JUDGMENT: On application for disqualification
1 MASON P: This Court has been constituted to hear together with other matters in our list today an application for leave to appeal.
2 The claimant, Mrs Hagan, has brought substantive proceedings in the Administrative Law List of the Common Law Division seeking prerogative relief against the Independent Commission Against Corruption. It relates to the manner in which the Commission has dealt with a compliant from the claimant which involves an allegation of corruption.
3 The complaint relates to proceedings known as Hagan v Waterhouse, the final judgment being reported in (1991) 34 NSWLR 308. An appeal from that decision to this Court was compromised. The trial judge was Kearney J, now and for some years a retired judge of the Supreme Court of New South Wales.
4 The application for leave to appeal relates to what I would describe as a procedural aspect of the substantive proceedings. Using that language I am not intending to suggest that it does not raise an important issue.
5 Application was made to Dunford J for orders that the substantive proceedings be determined only by a justice or justices not of the Supreme Court and for a further order that the means by which the aforesaid justice or justices be selected was to be such that the justices selected were "beyond political influence and the influence of the Australian Labor Party". Dunford J dismissed that application (see Hagan v Independent Commission Against Corruption [2002] NSWSC 686). It is from that dismissal that this application for leave to appeal is brought.
6 The claimant through her solicitor, Mr Waterhouse, has moved the Court for various orders which again I can describe loosely as being procedural.

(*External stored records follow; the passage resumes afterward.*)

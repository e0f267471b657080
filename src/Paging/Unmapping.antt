-- ===== src/Paging/Unmapping.antt =====
-- arch/x86_64/src/paging.rs: `unmap`, on every branch.
use Prim.Native.Nat.{bit_and}
use aion_so.Base.{
  ℕ, ◌/◌, ◌%◌, ◌+◌, ◌≡◌, refl, sym, ap, ◌∙◌, Bool, true, List, [], ◌∷◌, none, some, ltb, arith, ◌≢◌,
  inl, inr, ◌⊎◌, Bool-cases,
}
use aion_so.Hal.Addr.{phys, align_down}
use aion_so.Hal.Frame.{PhysFrame, containing_address}
use aion_so.Hal.Paging.{UnmapError}
use aion_so.Paging.Entries.{
  is_set, present, writable, kernel_space_base, table_indices, index_at, is_canonical, address_mask,
}
use aion_so.Paging.Bits.{address-IsFrame, is_set_zero}
use aion_so.Paging.Tree.{Entries, IsTree, cell_of}
use aion_so.Paging.Walks.{translate_from-cell}
use aion_so.Paging.Indices.{
  index_at_lt, table_indices_bounds, indices_of_page, canonical_of_page, length-table_indices,
}
use aion_so.Paging.Finding.{find_table-cell}
use aion_so.Paging.Refusing.{Kept, unmap-Kept}
use aion_so.Paging.Leaf.{translate_at, resolved_leaf, written_others, written_none, written-IsTree}
use aion_so.Paging.{PageTables, unmap, remove, find_table, translate, stored, write}

-- Page tables that are a tree with writable links.
pub record IsSpace (rank : ℕ → ℕ) (t : PageTables) : Type 0 where
  pub tree : IsTree rank t.access.entries
  pub top : rank t.root ≡ 0

-- `page` was mapped to `frame`, and is no longer; nothing else has changed.
pub record Unmapped (t t' : PageTables) (page : ℕ) (frame : PhysFrame) : Type 0 where
  pub was :
      (va : ℕ)
      → va / 4096 ≡ page / 4096
      → (w : Bool) × (translate t va
          ≡ some
              (record { phys_addr = frame.start.as_u64 + va % 4096; is_writable = w; size = 4096 }))
  pub gone : (va : ℕ) → va / 4096 ≡ page / 4096 → translate t' va ≡ none
  pub others : (va : ℕ) → va / 4096 ≢ page / 4096 → translate t' va ≡ translate t va

frame_of :
    (e : ℕ)
    → (containing_address (phys (bit_and e address_mask))).start.as_u64 ≡ bit_and e address_mask
unfolding containing_address align_down
frame_of e = omega (arith, (address-IsFrame e).aligned)

module _ (rank : ℕ → ℕ) (t : PageTables) (s : IsSpace rank t) (page : ℕ)
    (canonical : is_canonical page ≡ true) where
  abbrev uppers : List ℕ
  uppers = index_at page 39 ∷ index_at page 30 ∷ index_at page 21 ∷ []

  abbrev Removes : PageTables × (UnmapError ⊎ PhysFrame) → Type 0
  Removes r =
      IsSpace rank r.0
      × (((err : UnmapError) × (r ≡ (t, inl err)))
          ⊎ ((frame : PhysFrame) × (r.1 ≡ inr frame) × Unmapped t r.0 page frame))

  abbrev pub Answers : PageTables × (UnmapError ⊎ PhysFrame) → Type 0
  Answers r =
      IsSpace rank r.0
      × (((err : UnmapError) × (r ≡ (t, inl err)) × Kept t page err)
          ⊎ ((frame : PhysFrame) × (r.1 ≡ inr frame) × Unmapped t r.0 page frame))

  remove_lem :
      (r : UnmapError ⊎ ℕ)
      → find_table t.access.entries uppers t.root ≡ r
      → Removes (remove t page r)
  unfolding remove write table_indices
  remove_lem (inl err) e = (s, inl (err, refl))
  remove_lem (inr u) e =
      let m : Entries = t.access.entries in
      let j : ℕ = index_at page 12 in
      let (at, cells) =
        find_table-cell rank m s.tree uppers t.root u
          (index_at_lt page 39, (index_at_lt page 30, (index_at_lt page 21, tt)))
          (omega (arith, s.top)) e in
      elim (Bool-cases (is_set (m u j) present)) [
        | inr off ↦ rw off (s, inl (UnmapError.not_mapped, refl))
        | inl on ↦
            let t' : PageTables = (remove t page (inr u)).0 in
            let written : t'.access.entries ≡ stored m u j 0 = rw on refl in
            let kept : t'.root ≡ t.root = rw on refl in
            let others : (va : ℕ) → va / 4096 ≢ page / 4096 → translate t' va ≡ translate t va =
              written_others rank t s.tree s.top page u at canonical (cells j) t' 0 written kept in
            let gone : (va : ℕ) → va / 4096 ≡ page / 4096 → translate t' va ≡ none =
              written_none rank t s.tree s.top page u at canonical (cells j) t' 0 written kept
                is_set_zero in
            let tree : IsTree rank t'.access.entries =
              written-IsTree rank t s.tree s.top page u at canonical (cells j) t' 0 written kept in
            let was : (va : ℕ)
                → va / 4096 ≡ page / 4096
                → translate t va
                  ≡ some (record {
                    phys_addr = bit_and (m u j) address_mask + va % 4096;
                    is_writable = is_set (m u j) writable;
                    size = 4096;
                  }) =
              λ va h.
                translate_at t va (canonical_of_page va page h ∙ canonical)
                ∙ translate_from-cell rank m s.tree (table_indices va) t.root 0 va (u, j) true _
                    (table_indices_bounds va) s.top (omega (arith, length-table_indices va))
                    (ap (λ is. cell_of m is t.root) (indices_of_page va page h) ∙ cells j) on refl
                ∙ ap some (resolved_leaf va _ _ _ (address-IsFrame (m u j)) refl) in
            (
              record { tree = tree; top = ap rank kept ∙ s.top },
              inr (
                containing_address (phys (bit_and (m u j) address_mask)),
                rw on refl,
                record {
                  was = λ va h. (
                    is_set (m u j) writable,
                    was va h
                        ∙ ap
                            (λ a. some (record {
                              phys_addr = a + va % 4096;
                              is_writable = is_set (m u j) writable;
                              size = 4096;
                            }))
                            (sym (frame_of (m u j))),
                  );
                  gone = gone;
                  others = others;
                },
              ),
            )
      ]

  removed_lem : Removes (unmap t page)
  unfolding unmap
  removed_lem = elim (Bool-cases (ltb page kernel_space_base)) [
    | inl low ↦ rw low (s, inl (UnmapError.outside_kernel_space, refl))
    | inr high ↦ rw high (remove_lem (find_table t.access.entries uppers t.root) refl)
  ]

  -- On page tables that form a tree with writable links, `unmap` of a canonical page leaves such a
  -- tree. Either it answers the frame that every address of the page translated to, those addresses
  -- translate to nothing any more, and no other address translates differently; or it is refused
  -- and changes nothing. It is refused as outside kernel space exactly if the page is below it, as
  -- not mapped only if the page translates to nothing, and never if a 4 KiB page maps it in kernel
  -- space.
  pub unmap_lem : Answers (unmap t page)
  unmap_lem =
      let (space, outcome) = removed_lem in
      (
        space,
        elim outcome [
          | inl (err, e) ↦ inl (err, e, unmap-Kept rank t s.tree s.top page canonical err e)
          | inr done ↦ inr done
        ],
      )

The substance of the point is the submission that there is a reasonable apprehension of bias. As developed, the submission was that a feeling of unfairness, in perception at least, would be felt if the present application were heard and determined by the presently constituted Court.
7 Mr Waterhouse has indicated that it is not suggested that any of the individual judges constituting the Court today had any personal involvement in the earlier litigation or the matters giving rise to the serious allegations that have been made arising out of it.
8 The application is however based upon two broad lines of submission. The first is that our very membership of the Supreme Court as justices and in the case of Davies AJA as an acting judge of appeal and an acting judge of the Court means that there would be a reasonable apprehension of bias if we were to determine the present application having regard to its subject matter.
9 Mr Waterhouse submits that, although the substantive proceedings concern the manner in which the Commission has handled the claimant's complaint, nevertheless the underlying matter of concern touches the Supreme Court. In one sense it certainly does because the allegation is a most serious one, even though as I understand the way it is framed it is one that is directed at the manner in which some improper influence was brought to bear upon a single judge of the Court or in relation to his appointment to hear the litigation itself.
10 Mr Waterhouse has very openly conceded, indeed advanced the argument that his concern is directed at any current member of the Supreme Court of New South Wales and (as I understand it) at least any presently appointed acting judge of the Supreme Court of New South Wales.
11 He brings the application for disqualification as a step towards bringing about a situation whereby it would become necessary, in order to deal with the very subject matter of the litigation in this Court, for as he would put it, some outside judge to be appointed at least as an acting judge of the Court to hear and determine the appeal and the application for leave to appeal.
12 The submission is that no member of the Court could be perceived by a fair minded lay observer to be capable of determining in accordance with law the subject matter of the litigation.
13 The second and more specific basis of the application relates to a particular argument that the claimant wishes to advance.
14 Correspondence passed between Mr Waterhouse and the Chief Justice in which submissions were made to the effect that the Chief Justice should use his offices to request the appointment of outside acting judges to hear and determine the present appellate proceedings. Questions were asked in the correspondence and answered by the Chief Justice in the correspondence relating to aspects of what had taken place in relation to the appointment of the judges who were constituted as the Court of Appeal to hear the proceedings that were reported as Heydon v NRMA Ltd (2000) 51 NSWLR 1.
15 Mr Waterhouse has foreshadowed the argument that the Chief Justice either misstated an aspect of the matter or failed to state a relevant aspect of the matter, with the consequence, so the argument goes, that Dunford J who himself referred to some of this correspondence was misled. So the issue which is foreshadowed is that we as judges of the Court will have to determine, the interpretation of the correspondence and stemming from that whether (it having become evidence in the proceedings before Dunford J) led his Honour into some appealable error.
16 The relevant test to be applied in a case such as the present where there is no suggestion of actual bias is stated in Ebner v Official Trustee in Bankruptcy (2000) 205 CLR 337 at 344. There in a joint judgment of Gleeson CJ, McHugh J, Gummow J and Hayne J, it was said that the governing principle is that:
Subject to qualifications relating to waiver...or necessity...,a judge is disqualified if a fair minded lay observer might reasonably apprehend that the judge might not bring an impartial mind to the resolution of the question the judge is required to decide. That principle gives effect to the requirement that justice should both be done and be seen to be done, a requirement which reflects the fundamental importance of the principle that the tribunal be independent and impartial.